Pilot-aided GNSS data demodulation performance in realistic channels and urban live tests

Abstract

This paper presents a novel technique to improve data demodulation performance of global navigation satellite system (GNSS) signals with data and pilot signal components (e.g. suitable for Galileo E1B/C open service (OS) signals [1]). This technique is called Pilot-aided data demodulation because it uses the coherence between residual phase errors on the data and the pilot components of the GNSS signal to perform channel estimation.

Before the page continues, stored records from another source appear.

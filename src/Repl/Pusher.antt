-- ===== src/Repl/Pusher.antt =====
-- The leader's side of a follower's stream (distconf/internal/repl/stream.go: PeerManager): whose stream
-- it is, what it receives, and the goroutine that sends. One call of `push` is one step of that goroutine
-- between two calls on the leader.
pub mod Sends
pub mod Genuine
pub mod Run
pub mod Keeps
pub mod Ready
pub mod Wakes
use repository.Base.{
  ℕ, zero, suc, Bool, true, false, List, [], ◌∷◌, ◌++◌, map, Option, none, some, length,
  if◌then◌else◌, ◌==◌, nat_comparable,
}
use repository.Base.Int64.{Int64}
use repository.Base.Int64
use repository.Base.Dict.{Dict, find, store, erase}
use repository.Proto.{LogEntry, Payload, entry, AppendEntriesResponse}
use repository.Repl.Leader.{Leader, last_index, follower_ack, follower_reset}
use repository.Repl.Catchup.{catchup, catchup_messages, entries_after}
use repository.Repl.Broadcaster.{Broadcaster, subscribe, unsubscribe, notify}

-- The streams of the followers: each `peerSender` by a number of its own.
abbrev pub PeerManager : Type 0
PeerManager = Dict ℕ ℕ

abbrev pub enter : PeerManager → ℕ → ℕ → PeerManager
enter peers id sender = store id sender peers

-- The deferred end of `HandleStreamWithInitial`: a stream that was replaced by a newer one of its follower
-- leaves that one's progress alone.
unfoldable pub leave : PeerManager → Leader → ℕ → ℕ → PeerManager × Leader
leave peers l id sender = elim (find id peers) [
  | none ↦ (peers, l)
  | some now ↦ if now == sender then (erase id peers, follower_reset l id) else (peers, l)
]

abbrev pub online_count : PeerManager → ℕ
online_count peers = length peers

-- The receiving goroutine: whether it still waits for the first message, and what that gave to the
-- other one.
pub record Receiver : Type 0 where
  pub waits_first : Bool
  pub initial : Option Int64

-- `initial_ack` of -1 stands for a first message that is not read yet.
abbrev pub receiver : Int64 → Receiver
receiver initial_ack =
    if Int64.le 0 initial_ack
    then record { waits_first = false; initial = some initial_ack }
    else record { waits_first = true; initial = none }

unfoldable pub receive_ack : Receiver → Leader → AppendEntriesResponse → Receiver × Leader
unfolding follower_ack
receive_ack r l resp =
    if r.waits_first
    then (record { waits_first = false; initial = some resp.ack_index }, l)
    else (r, follower_ack l resp.follower_id resp.ack_index)

-- What is left to do once some messages are sent: to read the position, with the subscription if there
-- is one, or to compare it with what was sent.
pub data After : Type 0 where
  reads_position : Option Int64 → After
  has_sent : Int64 → Int64 → After

-- Where the sending goroutine stands, with its subscription's id and the position `last`.
pub data Phase : Type 0 where
  waiting_first finished : Phase
  catching_up : Option Int64 → Int64 → Phase
  sending : List Payload → After → Phase
  positioning : Option Int64 → Phase
  subscribing : Int64 → Phase
  idle checking : Int64 → Int64 → Phase
  fetched : Int64 → Int64 → Int64 → Phase

abbrev pub sub_after : After → Option Int64
sub_after (reads_position sub) = sub
sub_after (has_sent id li) = some id

abbrev pub sub_of : Phase → Option Int64
sub_of waiting_first = none
sub_of finished = none
sub_of (catching_up sub last) = sub
sub_of (sending ms next) = sub_after next
sub_of (positioning sub) = sub
sub_of (subscribing last) = none
sub_of (idle id last) = some id
sub_of (checking id last) = some id
sub_of (fetched id last li) = some id

-- `rounds` is how many signals it has taken, `sent` what it has sent.
pub record Pusher : Type 0 where
  pub initial : Option Int64
  pub phase : Phase
  pub rounds : ℕ
  pub sent : List Payload

abbrev pub start : Pusher
start = record { initial = none; phase = waiting_first; rounds = 0; sent = [] }

-- The leader with the signals to its streams, and how many proposals are appended but not signalled.
pub record Source : Type 0 where
  pub leader : Leader
  pub ping : Broadcaster
  pub unannounced : ℕ

-- A step: a send succeeds or fails, or the leader's stop is noticed.
pub data Action : Type 0 where
  goes fails stops : Action

pub data Push : Type 0 where
  blocked panicked : Push
  moves : Source → Pusher → Push

abbrev pub to_phase : Pusher → Phase → Pusher
to_phase p phase = record p { phase = phase }

-- The goroutine returns, with its deferred removal of the subscription.
abbrev pub drop_sub : Option Int64 → Source → Source
drop_sub none w = w
drop_sub (some id) w = record w { ping = unsubscribe w.ping id }

abbrev pub finish : Source → Pusher → Push
finish w p = moves (drop_sub (sub_of p.phase) w) (to_phase p finished)

-- The stop is among what a goroutine waits for.
abbrev pub stop_or : Action → Source → Pusher → Push → Push
stop_or stops w p other = if w.leader.stopped then finish w p else blocked
stop_or goes w p other = other
stop_or fails w p other = other

abbrev pub push_first : Source → Pusher → Push
push_first w p = elim p.initial [
  | none ↦ blocked
  | some last ↦ moves w (to_phase p (catching_up none last))
]

-- The call of `Catchup`.
abbrev pub push_catchup : Source → Pusher → Option Int64 → Int64 → Push
push_catchup w p sub last = elim (catchup w.leader last) [
  | none ↦ panicked
  | some r ↦ moves w (to_phase p (sending (catchup_messages r) (reads_position sub)))
]

abbrev pub push_after : Source → Pusher → After → Push
push_after w p (reads_position sub) = moves w (to_phase p (positioning sub))
push_after w p (has_sent id li) = moves w (to_phase p (checking id li))

abbrev pub push_message : Action → Source → Pusher → List Payload → After → Push
push_message a w p [] next = push_after w p next
push_message fails w p (m ∷ ms) next = finish w p
push_message goes w p (m ∷ ms) next =
    moves w (record p { phase = sending ms next; sent = p.sent ++ m ∷ [] })
push_message stops w p (m ∷ ms) next =
    moves w (record p { phase = sending ms next; sent = p.sent ++ m ∷ [] })

-- `last = pm.leader.LastIndex()`
abbrev pub push_position : Source → Pusher → Option Int64 → Push
push_position w p none = moves w (to_phase p (subscribing (last_index w.leader)))
push_position w p (some id) = moves w (to_phase p (checking id (last_index w.leader)))

abbrev pub push_subscribe : Source → Pusher → Int64 → Push
push_subscribe w p last =
    let (id, ping) = subscribe w.ping in
    moves (record w { ping = ping }) (to_phase p (idle id last))

-- A signal is taken from the channel.
abbrev pub take_signal : Source → Pusher → Int64 → Int64 → Option Bool → Push
take_signal w p id last (some true) =
    moves (record w { ping = record w.ping { subs = store id false w.ping.subs } })
      (record p { phase = checking id last; rounds = suc p.rounds })
take_signal w p id last (some false) = blocked
take_signal w p id last none = blocked

-- `li := pm.leader.LastIndex()`
abbrev pub push_check : Source → Pusher → Int64 → Int64 → Push
push_check w p id last =
    let li = last_index w.leader in
    moves w (to_phase p (if Int64.le li last then idle id last else fetched id last li))

abbrev pub push_entries : Source → Pusher → Int64 → Int64 → Int64 → Push
push_entries w p id last li = elim (entries_after w.leader last) [
  | none ↦ panicked
  | some none ↦ moves w (to_phase p (catching_up (some id) last))
  | some (some entries) ↦ moves w (to_phase p (sending (map entry entries) (has_sent id li)))
]

unfoldable pub push : Action → Source → Pusher → Push
unfolding find
push a w p = elim p.phase [
  | waiting_first ↦ stop_or a w p (push_first w p)
  | catching_up sub last ↦ push_catchup w p sub last
  | sending ms next ↦ push_message a w p ms next
  | positioning sub ↦ push_position w p sub
  | subscribing last ↦ push_subscribe w p last
  | idle id last ↦ stop_or a w p (take_signal w p id last (find id w.ping.subs))
  | checking id last ↦ push_check w p id last
  | fetched id last li ↦ push_entries w p id last li
  | finished ↦ blocked
]
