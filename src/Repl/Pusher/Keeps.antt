-- ===== src/Repl/Pusher/Keeps.antt =====
-- A step of a stream's sending goroutine against the leader and the other streams' signals (stream.go:
-- HandleStreamWithInitial; broadcaster.go: subscribe, unsubscribe).
use mathlib.Core.Path.{subst}
use repository.Base.{
  if_either, ℕ, ◌+◌, ◌^◌, ◌≤◌, ◌<◌, ◌≡◌, ◌≢◌, refl, ap, List, [], ◌∷◌, map, Option, none, some,
  arith, Bool, true, false, nat_comparable,
}
use repository.Base.Int64.{Int64}
use repository.Base.Int64
use repository.Base.Dict.{find, find-store_apart, find-erase_apart}
use repository.Proto.{Payload, entry}
use repository.Repl.Broadcaster.{subscribe, unsubscribe}
use repository.Repl.Catchup.{catchup, catchup_messages, entries_after}
use repository.Repl.Pusher.{
  Source, Pusher, Phase, After, reads_position, has_sent, waiting_first, finished, catching_up,
  sending, positioning, subscribing, idle, checking, fetched, Action, goes, fails, stops, Push,
  blocked, panicked, moves, push, push_message, push_catchup, push_entries, push_first, take_signal,
  stop_or, drop_sub, sub_of, to_phase, finish,
}

-- The leader, the proposals still to be signalled and the signals to other subscriptions stay.
pub record Keeps (w : Source) (sub : Option Int64) (w' : Source) : Type 0 where
  pub leader : w'.leader ≡ w.leader
  pub unannounced : w'.unannounced ≡ w.unannounced
  pub seq : w.ping.seq ≤ w'.ping.seq
  pub waiting :
      (id : Int64) → id ≤ w.ping.seq → sub ≢ some id → find id w'.ping.subs ≡ find id w.ping.subs

Keeps-refl : (w : Source) (sub : Option Int64) → Keeps w sub w
Keeps-refl w sub = record {
  leader = refl;
  unannounced = refl;
  seq = omega arith;
  waiting = λ id old apart. refl;
}

Keeps-drop_sub : (w : Source) (sub : Option Int64) → Keeps w sub (drop_sub sub w)
unfolding unsubscribe
Keeps-drop_sub w none = Keeps-refl w none
Keeps-drop_sub w (some i) = record {
  leader = refl;
  unannounced = refl;
  seq = omega arith;
  waiting = λ id old apart. find-erase_apart i id w.ping.subs (λ e. apart (ap some e));
}

Keeps-subscribe :
    (w : Source) → w.ping.seq + 1 < 2 ^ 63 → Keeps w none (record w { ping = (subscribe w.ping).1 })
unfolding subscribe
Keeps-subscribe w room = record {
  leader = refl;
  unannounced = refl;
  seq = omega (arith, room);
  waiting = λ id old apart.
      find-store_apart (Int64.add w.ping.seq 1) id false w.ping.subs
        (λ e. omega (arith, e, room, old));
}

abbrev Kept : Source → Option Int64 → Push → Type 0
Kept w sub blocked = Unit
Kept w sub panicked = Unit
Kept w sub (moves w' p') = Keeps w sub w'

take_signal-Kept :
    (w : Source) (p : Pusher) (id last : Int64) (o : Option Bool)
    → Kept w (some id) (take_signal w p id last o)
take_signal-Kept w p id last none = tt
take_signal-Kept w p id last (some false) = tt
take_signal-Kept w p id last (some true) = record {
  leader = refl;
  unannounced = refl;
  seq = omega arith;
  waiting = λ j old apart. find-store_apart id j false w.ping.subs (λ e. apart (ap some e));
}

module _ (w : Source) where
  finish-Kept : (p : Pusher) → Kept w (sub_of p.phase) (finish w p)
  finish-Kept p = Keeps-drop_sub w (sub_of p.phase)

  stop_or-Kept :
      (a : Action) (p : Pusher) (other : Push)
      → Kept w (sub_of p.phase) other
      → Kept w (sub_of p.phase) (stop_or a w p other)
  stop_or-Kept goes p other o = o
  stop_or-Kept fails p other o = o
  stop_or-Kept stops p other o =
      if_either (Kept w (sub_of p.phase)) w.leader.stopped _ _ (finish-Kept p) tt

  push_message-Kept :
      (a : Action) (p : Pusher) (ms : List Payload) (rest : After)
      → Kept w (sub_of p.phase) (push_message a w p ms rest)
  push_message-Kept a p [] (reads_position sub) = Keeps-refl w _
  push_message-Kept a p [] (has_sent id li) = Keeps-refl w _
  push_message-Kept fails p (m ∷ ms) rest = finish-Kept p
  push_message-Kept goes p (m ∷ ms) rest = Keeps-refl w _
  push_message-Kept stops p (m ∷ ms) rest = Keeps-refl w _

  push_first-Kept : (p : Pusher) → Kept w (sub_of p.phase) (push_first w p)
  push_first-Kept p =
      elim p.initial
        as (λ o. Kept w (sub_of p.phase) (elim o as (λ o. Push) [
          | none ↦ blocked
          | some last ↦ moves w (to_phase p (catching_up none last))
        ])) [ none ↦ tt | some last ↦ Keeps-refl w _ ]

  push_catchup-Kept :
      (p : Pusher) (sub : Option Int64) (last : Int64)
      → Kept w (sub_of p.phase) (push_catchup w p sub last)
  push_catchup-Kept p sub last =
      elim (catchup w.leader last)
        as (λ o. Kept w (sub_of p.phase) (elim o as (λ o. Push) [
          | none ↦ panicked
          | some r ↦ moves w (to_phase p (sending (catchup_messages r) (reads_position sub)))
        ])) [ none ↦ tt | some r ↦ Keeps-refl w _ ]

  push_entries-Kept :
      (p : Pusher) (id last li : Int64) → Kept w (sub_of p.phase) (push_entries w p id last li)
  push_entries-Kept p id last li =
      elim (entries_after w.leader last)
        as (λ o. Kept w (sub_of p.phase) (elim o as (λ o. Push) [
          | none ↦ panicked
          | some none ↦ moves w (to_phase p (catching_up (some id) last))
          | some (some es) ↦ moves w (to_phase p (sending (map entry es) (has_sent id li)))
        ])) [ none ↦ tt | some none ↦ Keeps-refl w _ | some (some es) ↦ Keeps-refl w _ ]

  abbrev at : Option Int64 → Phase → ℕ → List Payload → Pusher
  at initial phase rounds sent = record {
    initial = initial;
    phase = phase;
    rounds = rounds;
    sent = sent;
  }

  push-Kept :
      (a : Action) (initial : Option Int64) (phase : Phase) (rounds : ℕ) (sent : List Payload)
      → w.ping.seq + 1 < 2 ^ 63
      → Kept w (sub_of phase) (push a w (at initial phase rounds sent))
  unfolding push
  push-Kept a initial waiting_first rounds sent room =
      stop_or-Kept a (at initial waiting_first rounds sent) _
        (push_first-Kept (at initial waiting_first rounds sent))
  push-Kept a initial finished rounds sent room = tt
  push-Kept a initial (catching_up sub last) rounds sent room =
      push_catchup-Kept (at initial (catching_up sub last) rounds sent) sub last
  push-Kept a initial (sending ms rest) rounds sent room =
      push_message-Kept a (at initial (sending ms rest) rounds sent) ms rest
  push-Kept a initial (positioning none) rounds sent room = Keeps-refl w _
  push-Kept a initial (positioning (some id)) rounds sent room = Keeps-refl w _
  push-Kept a initial (subscribing last) rounds sent room = Keeps-subscribe w room
  push-Kept a initial (idle id last) rounds sent room =
      stop_or-Kept a (at initial (idle id last) rounds sent) _
        (take_signal-Kept w (at initial (idle id last) rounds sent) id last (find id w.ping.subs))
  push-Kept a initial (checking id last) rounds sent room = Keeps-refl w _
  push-Kept a initial (fetched id last li) rounds sent room =
      push_entries-Kept (at initial (fetched id last li) rounds sent) id last li

pub push-Keeps :
    (a : Action) (w : Source) (p : Pusher) (w' : Source) (p' : Pusher)
    → w.ping.seq + 1 < 2 ^ 63
    → push a w p ≡ moves w' p'
    → Keeps w (sub_of p.phase) w'
push-Keeps a w p w' p' room e =
    subst (Kept w (sub_of p.phase)) e (push-Kept w a p.initial p.phase p.rounds p.sent room)
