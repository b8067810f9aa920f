-- ===== src/Repl/Pusher/Run.antt =====
-- Every run of a follower's stream beside the leader and the other streams (stream.go:
-- HandleStreamWithInitial; leader.go: Propose, whose proposal is appended before it is signalled).
use repository.Base.{
  ℕ, suc, ◌+◌, ◌-◌, ◌^◌, ◌≤◌, ◌<◌, ◌≡◌, ◌≢◌, ap, List, [], some, length, arith, nat_comparable,
}
use repository.Base.Int64.{Int64}
use repository.Proto.{LogEntry, PbSnapshot}
use repository.Store.State.{Store}
use repository.Repl.Leader.{Leader, Config, stop}
use repository.Repl.Broadcaster.{notify, new_broadcaster}
use repository.Repl.Commit.Run
use repository.Repl.Commit.Run.{Step-Holds, Step-length, Reach-Holds}
use repository.Repl.Pusher.{Source, Pusher, Action, moves, push, start, sub_of}

-- A call on the leader, the signal of an earlier proposal, the leader's stop, the first message of the
-- follower, a step of the sending goroutine, or one of another stream's.
pub data Step (clock : Int64 → Int64)
    : Source → List LogEntry → Pusher → Source → List LogEntry → Pusher → Type 0 where
  leads :
      {w w' : Source} {entries entries' : List LogEntry} {p p' : Pusher} (l' : Leader)
      → Run.Step clock w.leader entries l' entries'
      → w'
        ≡ record w { leader = l'; unannounced = w.unannounced + (length entries' - length entries) }
      → p' ≡ p
      → Step clock w entries p w' entries' p'
  announces :
      {w w' : Source} {entries entries' : List LogEntry} {p p' : Pusher} (n : ℕ)
      → w.unannounced ≡ suc n
      → w' ≡ record w { ping = notify w.ping; unannounced = n }
      → entries' ≡ entries
      → p' ≡ p
      → Step clock w entries p w' entries' p'
  halts :
      {w w' : Source} {entries entries' : List LogEntry} {p p' : Pusher}
      → w' ≡ record w { leader = stop w.leader }
      → entries' ≡ entries
      → p' ≡ p
      → Step clock w entries p w' entries' p'
  reports :
      {w w' : Source} {entries entries' : List LogEntry} {p p' : Pusher} (index : Int64)
      → w' ≡ w
      → entries' ≡ entries
      → p' ≡ record p { initial = some index }
      → Step clock w entries p w' entries' p'
  pushes :
      {w w' : Source} {entries entries' : List LogEntry} {p p' : Pusher} (a : Action)
      → w.ping.seq + 1 < 2 ^ 63
      → push a w p ≡ moves w' p'
      → entries' ≡ entries
      → Step clock w entries p w' entries' p'
  others :
      {w w' : Source} {entries entries' : List LogEntry} {p p' : Pusher} (a : Action)
      (q q' : Pusher)
      → w.ping.seq + 1 < 2 ^ 63
      → ((id : Int64) → sub_of p.phase ≡ some id → sub_of q.phase ≢ some id)
      → push a w q ≡ moves w' q'
      → entries' ≡ entries
      → p' ≡ p
      → Step clock w entries p w' entries' p'

-- A leader's start, before any stream.
abbrev pub source : Config → (Store → PbSnapshot) → Source
source cfg f = record { leader = Run.start cfg f; ping = new_broadcaster; unannounced = 0 }

pub data Reach (clock : Int64 → Int64) (w₀ : Source)
    : Source → List LogEntry → Pusher → Type 0 where
  here :
      {w : Source} {entries : List LogEntry} {p : Pusher}
      → w ≡ w₀
      → entries ≡ []
      → p ≡ start
      → Reach clock w₀ w entries p
  next :
      {w w' : Source} {entries entries' : List LogEntry} {p p' : Pusher}
      → Reach clock w₀ w entries p
      → Step clock w entries p w' entries' p'
      → Reach clock w₀ w' entries' p'

pub Step-longer :
    (clock : Int64 → Int64) {w w' : Source} {entries entries' : List LogEntry} {p p' : Pusher}
    → Step clock w entries p w' entries' p'
    → length entries ≤ length entries'
Step-longer clock (leads l' st same kept) = Step-length clock st
Step-longer clock (announces n e same still kept) = omega (arith, ap length still)
Step-longer clock (halts same still kept) = omega (arith, ap length still)
Step-longer clock (reports index same still kept) = omega (arith, ap length still)
Step-longer clock (pushes a room e still) = omega (arith, ap length still)
Step-longer clock (others a q q' room apart e still kept) = omega (arith, ap length still)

Differently from standard techniques [2], where the carrier phase of the received signal is tracked by means of a phase locked loop (PLL) on the pilot component and such estimation is used to control the data correlators, the pilot aided technique does not necessarily requires a PLL, but it can work as well with a simple and more robust frequency locked loop (FLL) or just with open loop frequency estimation. This is particularly valuable in challenging environments, such as urban scenarios, where the phase lock is hard to be maintained for long periods. The main advantage of this technique is clearly visible in terms of page error rate under fades and multipath. In open sky scenarios and additive white Gaussian noise (AWGN) assumption, it exploits the data plus pilot combination, doubling de-facto the power of the received signal with respect to the single data-less component, but it also introduces additional noise (similar to squaring losses) due to the non-linear operations between data and pilot prompt correlators. The output of such technique can then be used to feed the proper decoder according to the coding scheme adopted in the GNSS navigation message (e.g. Viterbi decoder for E1B).